Lastly, we partition the table by the topic and the year_month fields.

.partitionBy("topic", "year_month")

Depending on your data and business requirements, you can choose different columns for partitioning. For example, partitioning by week instead of month.

Notice here that we are using the merge schema option to leverage the schema evolution functionality of Autoloader.

.option("mergeSchema", True)

This will automatically evolve the schema of the table when new fields are detected in the input JSON files.

Let us run this to create our function.

Now, let us call this function to process an incremental batch of data.

Since we are using the availableNow trigger option, our query executed in a batch mode.

.trigger(availableNow=True)

It processed all the available data and then stopped on its own.

Let us review the data written to ensure records are being ingested correctly.

In Python, you can easily create a data frame from a registered table using the spark.table() function.

batch_df = spark.table("bronze")
display(batch_df)

Let us run this.

More than 2400 records have been ingested into our bronze table.

We can also use SQL to directly query the table.

SELECT * FROM bronze

Let us list the topics ingested into our table.

SELECT DISTINCT(topic)
FROM bronze

As you can see, there are multiple topics in the bronze table.

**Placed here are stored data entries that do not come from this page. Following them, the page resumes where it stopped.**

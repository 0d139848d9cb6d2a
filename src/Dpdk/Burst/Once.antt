-- ===== src/Dpdk/Burst/Once.antt =====
-- Each buffer of a burst is handled once (software/src/dpdk.cc, `dpdk_rx_loop`).
use Prim.Native.Nat.{min}
use mathlib.Core.List.{append-nil}
use packet_filter.Base.{
  ap₂, suc-==_zero, ℕ, zero, suc, ◌+◌, ◌-◌, ltb, if◌then◌else◌, Bool, true, false, List, [], ◌∷◌,
  ◌++◌, ◌≡◌, refl, ap, ◌∙◌, Bool-cases, inl, inr, lt→ltb, le→ltb, arith,
}
use native.Mathlib.Decide.{dec_lt}
use packet_filter.Dpdk.Burst.{
  Action, prefetch, callback, warned, free, prefetch_first, process, rx_burst,
}

-- The numbers from `i` on.
abbrev pub range_from : ℕ → ℕ → List ℕ
range_from i zero = []
range_from i (suc n) = i ∷ range_from (i + 1) n

abbrev pub prefetched : List Action → List ℕ
prefetched [] = []
prefetched (prefetch i ∷ acts) = i ∷ prefetched acts
prefetched (callback i ∷ acts) = prefetched acts
prefetched (warned i ∷ acts) = prefetched acts
prefetched (free i ∷ acts) = prefetched acts

-- The buffers that were given to the callback and freed right after it, but for a warning between.
abbrev pub handled : List Action → List ℕ
handled [] = []
handled (prefetch i ∷ acts) = handled acts
handled (callback i ∷ acts) = i ∷ handled acts
handled (warned i ∷ acts) = handled acts
handled (free i ∷ acts) = handled acts

abbrev pub freed : List Action → List ℕ
freed [] = []
freed (prefetch i ∷ acts) = freed acts
freed (callback i ∷ acts) = freed acts
freed (warned i ∷ acts) = freed acts
freed (free i ∷ acts) = i ∷ freed acts

prefetched-append :
    (acts more_acts : List Action)
    → prefetched (acts ++ more_acts) ≡ prefetched acts ++ prefetched more_acts
prefetched-append [] more_acts = refl
prefetched-append (prefetch i ∷ acts) more_acts = ap (◌∷◌ i) (prefetched-append acts more_acts)
prefetched-append (callback i ∷ acts) more_acts = prefetched-append acts more_acts
prefetched-append (warned i ∷ acts) more_acts = prefetched-append acts more_acts
prefetched-append (free i ∷ acts) more_acts = prefetched-append acts more_acts

prefetch_first-only :
    (nb i left : ℕ) (acts : List Action)
    → (handled (prefetch_first nb i left ++ acts) ≡ handled acts)
      × (freed (prefetch_first nb i left ++ acts) ≡ freed acts)
unfolding prefetch_first
prefetch_first-only nb i zero acts = (refl, refl)
prefetch_first-only nb i (suc left) acts = elim (Bool-cases (ltb i nb)) [
  | inl e ↦ rw e (prefetch_first-only nb (i + 1) left acts)
  | inr e ↦ rw e (refl, refl)
]

process-once :
    (negative : ℕ → Bool) (nb i left : ℕ)
    → (handled (process negative nb i left) ≡ range_from i left)
      × (freed (process negative nb i left) ≡ range_from i left)
unfolding process
process-once negative nb i zero = (refl, refl)
process-once negative nb i (suc left) =
    round (negative i) (ltb (i + 4) nb) (process-once negative nb (i + 1) left)
  where
    round :
        (bad more : Bool)
        → (handled (process negative nb (i + 1) left) ≡ range_from (i + 1) left)
          × (freed (process negative nb (i + 1) left) ≡ range_from (i + 1) left)
        → let acts =
            callback i
            ∷ ((if bad then warned i ∷ [] else [])
                ++ (free i
                    ∷ ((if more then prefetch (i + 4) ∷ [] else [])
                        ++ process negative nb (i + 1) left))) in
          (handled acts ≡ i ∷ range_from (i + 1) left) × (freed acts ≡ i ∷ range_from (i + 1) left)
    round true true h = (ap (◌∷◌ i) h.0, ap (◌∷◌ i) h.1)
    round true false h = (ap (◌∷◌ i) h.0, ap (◌∷◌ i) h.1)
    round false true h = (ap (◌∷◌ i) h.0, ap (◌∷◌ i) h.1)
    round false false h = (ap (◌∷◌ i) h.0, ap (◌∷◌ i) h.1)

first_prefetched :
    (nb i left : ℕ) → prefetched (prefetch_first nb i left) ≡ range_from i (min left (nb - i))
unfolding prefetch_first
first_prefetched nb i zero = ap (range_from i) {x = 0} {y = min 0 (nb - i)} (omega arith)
first_prefetched nb i (suc left) = elim (dec_lt i nb) [
  | yes h ↦
      let n : min (suc left) (nb - i) ≡ suc (min left (nb - (i + 1))) = omega arith in
      rw (lt→ltb i nb h, n) (ap (◌∷◌ i) (first_prefetched nb (i + 1) left))
  | no h ↦ let n : min (suc left) (nb - i) ≡ 0 = omega arith in rw (le→ltb i nb (omega arith), n)
]

process-prefetched :
    (negative : ℕ → Bool) (nb i left : ℕ)
    → i + left ≡ nb
    → prefetched (process negative nb i left) ≡ range_from (i + 4) (left - 4)
unfolding process
process-prefetched negative nb i zero e = ap (range_from (i + 4)) {x = 0} {y = 0 - 4} (omega arith)
process-prefetched negative nb i (suc left) e =
    round (negative i) (ltb (i + 4) nb) (process-prefetched negative nb (i + 1) left (omega arith))
    ∙ joined
  where
    round :
        (bad more : Bool)
        → prefetched (process negative nb (i + 1) left) ≡ range_from (i + 1 + 4) (left - 4)
        → prefetched (
            (if bad then warned i ∷ [] else [])
            ++ (free i
                ∷ ((if more then prefetch (i + 4) ∷ [] else [])
                    ++ process negative nb (i + 1) left)))
          ≡ (if more then (i + 4) ∷ [] else []) ++ range_from (i + 1 + 4) (left - 4)
    round true true h = ap (◌∷◌ (i + 4)) h
    round true false h = h
    round false true h = ap (◌∷◌ (i + 4)) h
    round false false h = h

    joined :
        (if ltb (i + 4) nb then (i + 4) ∷ [] else []) ++ range_from (i + 1 + 4) (left - 4)
        ≡ range_from (i + 4) (suc left - 4)
    joined = elim (dec_lt (i + 4) nb) [
      | yes h ↦
          let n : suc left - 4 ≡ suc (left - 4) = omega arith in
          let next : i + 1 + 4 ≡ i + 4 + 1 = omega arith in rw (lt→ltb (i + 4) nb h, n, next)
      | no h ↦
          let n : suc left - 4 ≡ 0 = omega arith in
          let m : left - 4 ≡ 0 = omega arith in rw (le→ltb (i + 4) nb (omega arith), n, m)
    ]

range_from-append : (i m n : ℕ) → range_from i m ++ range_from (i + m) n ≡ range_from i (m + n)
range_from-append i zero n =
    ap (λ (k : ℕ). range_from k n) {x = i + 0} {y = i} (omega arith)
    ∙ ap (range_from i) {x = n} {y = 0 + n} (omega arith)
range_from-append i (suc m) n =
    let next : i + suc m ≡ i + 1 + m = omega arith in
    let size : suc m + n ≡ suc (m + n) = omega arith in
    rw (next, size) (ap (◌∷◌ i) (range_from-append (i + 1) m n))

-- A burst of any size: each of its buffers is prefetched once, given to the callback once and freed
-- once, each in the order of the buffers, whatever the callback returns.
rx_burst-once :
    (negative : ℕ → Bool) (nb_rx : ℕ)
    → let acts = rx_burst negative nb_rx in
      (prefetched acts ≡ range_from 0 nb_rx)
      × (handled acts ≡ range_from 0 nb_rx)
      × (freed acts ≡ range_from 0 nb_rx)
unfolding rx_burst
rx_burst-once negative zero = (refl, refl, refl)
rx_burst-once negative (suc n) =
    let rest = process negative (suc n) 0 (suc n) in
    let only = prefetch_first-only (suc n) 0 4 rest in
    let each = process-once negative (suc n) 0 (suc n) in
    rw (suc-==_zero n) (
      prefetched-append (prefetch_first (suc n) 0 4) rest
          ∙ ap₂ ◌++◌ (first_prefetched (suc n) 0 4)
              (process-prefetched negative (suc n) 0 (suc n) (omega arith))
          ∙ whole,
      only.0 ∙ each.0,
      only.1 ∙ each.1,
    )
  where
    whole :
        range_from 0 (min 4 (suc n - 0)) ++ range_from (0 + 4) (suc n - 4) ≡ range_from 0 (suc n)
    whole = elim (dec_lt n 4) [
      | yes h ↦
          let m : min 4 (suc n - 0) ≡ suc n = omega arith in
          let z : suc n - 4 ≡ 0 = omega arith in rw (m, z) (append-nil (range_from 0 (suc n)))
      | no h ↦
          let m : min 4 (suc n - 0) ≡ 4 = omega arith in
          let z : 4 + (suc n - 4) ≡ suc n = omega arith in
          rw m (range_from-append 0 4 (suc n - 4) ∙ ap (range_from 0) z)
    ]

Configuring Auto Loader for Reliable Ingestion

When using Auto Loader, you can configure several options for your stream to ensure reliable data ingestion:

Setting Maximum Bytes per Trigger

If you’re ingesting large files that cause long micro-batch processing times or memory issues, you can use the cloudFiles.maxBytesPerTrigger option to control the maximum amount of data processed in each micro-batch. This improves stability and keeps batch durations more predictable. For example, to limit each micro-batch to 1 GB of data, you can configure your stream as follows:

spark.readStream     
.format("cloudFiles")     
.option("cloudFiles.format", <source_format>)     
.option("cloudFiles.maxBytesPerTrigger", "1g")     
.load("/path/to/files")

Handling Bad Records

When working with JSON or CSV files, you can use the badRecordsPath option to capture and isolate invalid records in a separate location for further review. Records with malformed syntax (e.g., missing brackets, extra commas) or schema mismatches (e.g., data type errors, missing fields) are redirected to the specified path.

spark.readStream     
.format("cloudFiles")     
.option("cloudFiles.format", "json")     
.option("badRecordsPath", "/path/to/quarantine")     
.schema("id int, value double")     .load("/path/to/files")

Files Filters:

To filter input files based on a specific pattern, such as *.png, you can use the pathGlobFilter option. For example:

spark.readStream     
.format("cloudFiles")     
.option("cloudFiles.format", "binaryFile")     
.option("pathGlobfilter", "*.png")     
.load("/path/to/files")

Schema Evolution:

Auto Loader detects the addition of new columns in input files during processing. To control how this schema change is handled, you can set cloudFiles.schemaEvolutionMode option:

spark.readStream     
.format("cloudFiles")     
.option("cloudFiles.format", <source_format>)     
.option("cloudFiles.schemaEvolutionMode", <mode>)     
.load("/path/to/files")

The supported schema evolution modes include:

The default mode is addNewColumns, so when Auto Loader detects a new column, the stream stops with an UnknownFieldException. Before your stream throws this error, Auto Loader updates the schema location with the latest schema by merging new columns to the end of the schema. The next run of the stream executes successfully with the updated schema.

Note that the addNewColumns mode is the default when a schema is not provided, but none is the default when you provide a schema. addNewColumns is not allowed when the schema of the stream is provided.